Quasipolynomial-time Identity Testing of Non-Commutative and Read-Once Oblivious Algebraic Branching Programs

TL;DR

This paper presents the first quasi-polynomial black-box polynomial identity testing algorithms for read-once oblivious algebraic branching programs, with improved results for bounded width cases, advancing derandomization in algebraic complexity.

Contribution

It introduces quasi-polynomial-sized hitting sets for read-once oblivious ABPs with known variable order, and connects derandomization of algebraic problems to PIT of these ABPs.

Findings

First quasi-polynomial black-box PIT for read-once oblivious ABPs.

Hitting set size exp(lg^2 S) with seed length lg^2 S.

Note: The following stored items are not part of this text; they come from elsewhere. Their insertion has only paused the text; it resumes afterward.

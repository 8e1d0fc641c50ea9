-- ===== src/Inspection/Sse/Blocking.antt =====
-- inspection/engine.py: `_redact_sse` under the action "block".
use ai_security_gateway.Base.{
  ℕ, ◌+◌, String, ◌≡◌, refl, Bool, true, ◌&&◌, not, Option, none, List, [], ◌∷◌, arith,
}
use ai_security_gateway.Base.Result.{ok}
use ai_security_gateway.Base.Exec.{lift}
use ai_security_gateway.Base.Exec.Runs.{bind-returns}
use ai_security_gateway.Inspection.Json.{Json, str}
use ai_security_gateway.Inspection.Contracts.{Bytes, InspectionConfig, block}
use ai_security_gateway.Inspection.Session.{
  Parts, Session, Finding, find, extend, refuse_if, signatures, types, is_empty,
}
use ai_security_gateway.Inspection.Redact.{is_block, redact_json}
use ai_security_gateway.Inspection.Redact.Blocking.{json_eq_refl, redact_json-block}
use ai_security_gateway.Inspection.Redact.Clean.{
  IsClean, IsCleanText, find-found, refuse_if-not, lift-ok,
}
use ai_security_gateway.Inspection.Sse.Lanes.{Kind, text, json, structural}
use ai_security_gateway.Inspection.Sse.Collect.{Leaf}
use ai_security_gateway.Inspection.Sse.Mask.{size, join, spans_in}
use ai_security_gateway.Inspection.Sse.Edits.{
  Group, Edit, values_of, groups_from, mask_edits, is_structural, encode_edits, edit_json,
  edit_text, edit_kind, edit_group, edit_groups,
}
use ai_security_gateway.Inspection.Sse.Reader.{Turns, read_stream}
use ai_security_gateway.Inspection.Sse.{StreamState}
use ai_security_gateway.Inspection.Sse.Redacted.{leaves_of, sent_body, redact_turns, redact_sse}

mask_edits-none : (offset : ℕ) (leaves : List Leaf) → mask_edits [] offset leaves ≡ []
unfolding mask_edits spans_in
mask_edits-none offset [] = refl
mask_edits-none offset (l ∷ ls) = mask_edits-none (offset + size l.value) ls

is_empty-nil : (found : List Finding) → is_empty found ≡ true → found ≡ []
is_empty-nil [] h = refl
is_empty-nil (f ∷ fs) h = ground arith

-- The scanner finds nothing that counts in the texts of a lane, joined: in the joined text, or in the
-- value that it is the JSON text of.
abbrev pub IsCleanLane : Parts → InspectionConfig → Kind → String → Type 0
IsCleanLane parts config json t = IsCleanText parts config t
IsCleanLane parts config text t = IsClean parts config t
IsCleanLane parts config structural t = IsClean parts config t

abbrev pub AreClean : Parts → InspectionConfig → List Group → Type 0
AreClean parts config [] = Unit
AreClean parts config (g ∷ gs) =
    IsCleanLane parts config g.kind (join (values_of g.leaves)) × AreClean parts config gs

module _ {File : Type 0} (parts : Parts) (config : InspectionConfig) where
  edit_text-block :
      (kind : Kind) (leaves : List Leaf) (x y : Session File) (es : List Edit)
      → edit_text parts config block kind leaves x ≡ (ok es, y)
      → (es ≡ []) × IsClean parts config (join (values_of leaves))
  unfolding edit_text
  edit_text-block kind leaves x y es h =
      let (found, x1, h1, k1) =
        bind-returns (find parts config (join (values_of leaves))) _ x es y h in
      let (u2, x2, h2, k2) = bind-returns (extend (types found)) _ x1 es y k1 in
      let (u3, x3, h3, k3) =
        bind-returns (refuse_if (not (is_empty found) && is_block block) "pii_block_policy") _ x2 es
          y k2 in
      let (u4, x4, h4, k4) =
        bind-returns
          (refuse_if (not (is_empty found) && is_structural kind) "pii_in_sse_structural_field") _
          x3 es y k3 in
      let refused =
        refuse_if-not parts config (not (is_empty found) && is_block block) "pii_block_policy" x2 x3
          h3 in
      let empty : is_empty found ≡ true = ground (arith, refused) in
      let nothing = is_empty-nil found empty in
      (
        ground (arith, k4, nothing, mask_edits-none 0 leaves),
        find-found parts config (join (values_of leaves)) x x1 found h1 empty,
      )

  edit_json-block :
      (leaves : List Leaf) (x y : Session File) (es : List Edit)
      → edit_json parts config block leaves x ≡ (ok es, y)
      → (es ≡ []) × IsCleanText parts config (join (values_of leaves))
  unfolding edit_json encode_edits
  edit_json-block leaves x y es h =
      let (bytes, x1, h1, k1) =
        bind-returns (lift (parts.encode_utf8 (join (values_of leaves)))) _ x es y h in
      let (value, x2, h2, k2) = bind-returns (lift (parts.strict_json bytes)) _ x1 es y k1 in
      let (u, x3, h3, k3) = bind-returns (signatures parts config value) _ x2 es y k2 in
      let (modified, x4, h4, k4) =
        bind-returns (redact_json parts config none block value) _ x3 es y k3 in
      let (same, clean) = redact_json-block parts config none value modified x3 x4 h4 in
      (
        ground (arith, k4, same, json_eq_refl value),
        (
          bytes,
          value,
          lift-ok parts config (parts.encode_utf8 (join (values_of leaves))) x x1 h1,
          lift-ok parts config (parts.strict_json bytes) x1 x2 h2,
          clean,
        ),
      )

  edit_kind-block :
      (kind : Kind) (leaves : List Leaf) (x y : Session File) (es : List Edit)
      → edit_kind parts config block kind leaves x ≡ (ok es, y)
      → (es ≡ []) × IsCleanLane parts config kind (join (values_of leaves))
  unfolding edit_kind
  edit_kind-block json leaves x y es h = edit_json-block leaves x y es h
  edit_kind-block text leaves x y es h = edit_text-block text leaves x y es h
  edit_kind-block structural leaves x y es h = edit_text-block structural leaves x y es h

  edit_groups-block :
      (gs : List Group) (x y : Session File) (es : List Edit)
      → edit_groups parts config block gs x ≡ (ok es, y)
      → (es ≡ []) × AreClean parts config gs
  unfolding edit_groups edit_group
  edit_groups-block [] x y es h = (ground arith, tt)
  edit_groups-block (g ∷ gs) x y es h =
      let (first, x1, h1, k1) = bind-returns (edit_group parts config block g) _ x es y h in
      let (u, x3, h3, k3) =
        bind-returns (signatures parts config (str (join (values_of g.leaves)))) _ x first x1 h1 in
      let (more, x2, h2, k2) = bind-returns (edit_groups parts config block gs) _ x1 es y k1 in
      let (none_here, clean) = edit_kind-block g.kind g.leaves x3 x1 first k3 in
      let (none_later, others) = edit_groups-block gs x1 x2 more h2 in
      (ground (arith, k2, none_here, none_later), (clean, others))

  -- Under the action "block", a stream whose redaction returns is sent as it came, byte for byte, and
  -- the scanner found nothing that counts in the texts of its events: the texts of each lane, joined
  -- over the events, are clean, or are the JSON text of a clean value.
  pub redact_sse-block :
      (is_zero : String → Bool) (str_of : Json → String) (provider : Option String)
      (body out : Bytes) (x y : Session File)
      → redact_sse parts config is_zero str_of body block provider x ≡ (ok out, y)
      → (out ≡ body)
        × ((turns : Turns) × (t : StreamState) × (z : Session File) × (read_stream parts config
                is_zero str_of provider body x
              ≡ (ok (turns, t), z))
            × AreClean parts config (groups_from [] (leaves_of turns)))
  unfolding redact_sse redact_turns sent_body
  redact_sse-block is_zero str_of provider body out x y h =
      let ((turns, t), x1, h1, k1) =
        bind-returns (read_stream parts config is_zero str_of provider body) _ x out y h in
      let (es, x2, h2, k2) =
        bind-returns (edit_groups parts config block (groups_from [] (leaves_of turns))) _ x1 out y
          k1 in
      let (unchanged, clean) = edit_groups-block (groups_from [] (leaves_of turns)) x1 x2 es h2 in
      (ground (arith, k2, unchanged), (turns, t, x1, h1, clean))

Improved hitting sets for bounded width ABPs with seed length lg^2 S/lglg S.

Abstract

We study the problem of obtaining deterministic black-box polynomial identity testing algorithms (PIT) for algebraic branching programs (ABPs) that are read-once and oblivious. This class has an deterministic white-box polynomial identity testing algorithm (due to Raz and Shpilka), but prior to this work there was no known such black-box algorithm. The main result of this work gives the first quasi-polynomial sized hitting sets for size S circuits from this class, when the order of the variables is known. As our hitting set is of size exp(lg^2 S), this is analogous (in the terminology of boolean pseudorandomness) to a seed-length of lg^2 S, which is the seed length of the pseudorandom generators of Nisan and Impagliazzo-Nisan-Wigderson for read-once oblivious boolean branching programs. Our results are stronger for branching programs of bounded width, where we give a hitting set of size exp(lg^2 S/lglg S), corresponding to a seed length of lg^2 S/lglg S. This is in stark contrast to the known results for read-once oblivious boolean branching programs of bounded width, where no pseudorandom generator (or hitting set) with seed length o(lg^2 S) is known. In follow up work, we strengthened a result of Mulmuley, and showed that derandomizing a particular case of the Noether Normalization Lemma is reducible to black-box PIT of read-once oblivious ABPs. Using the results of the present work, this gives a derandomization of Noether Normalization in that case, which Mulmuley conjectured would difficult due to its relations to problems in algebraic geometry. We also show that several other circuit classes can be black-box reduced to read-once oblivious ABPs, including set-multilinear ABPs (a generalization of depth-3 set-multilinear formulas), non-commutative ABPs (generalizing non-commutative formulas), and (semi-)diagonal depth-4 circuits (as introduced by Saxena).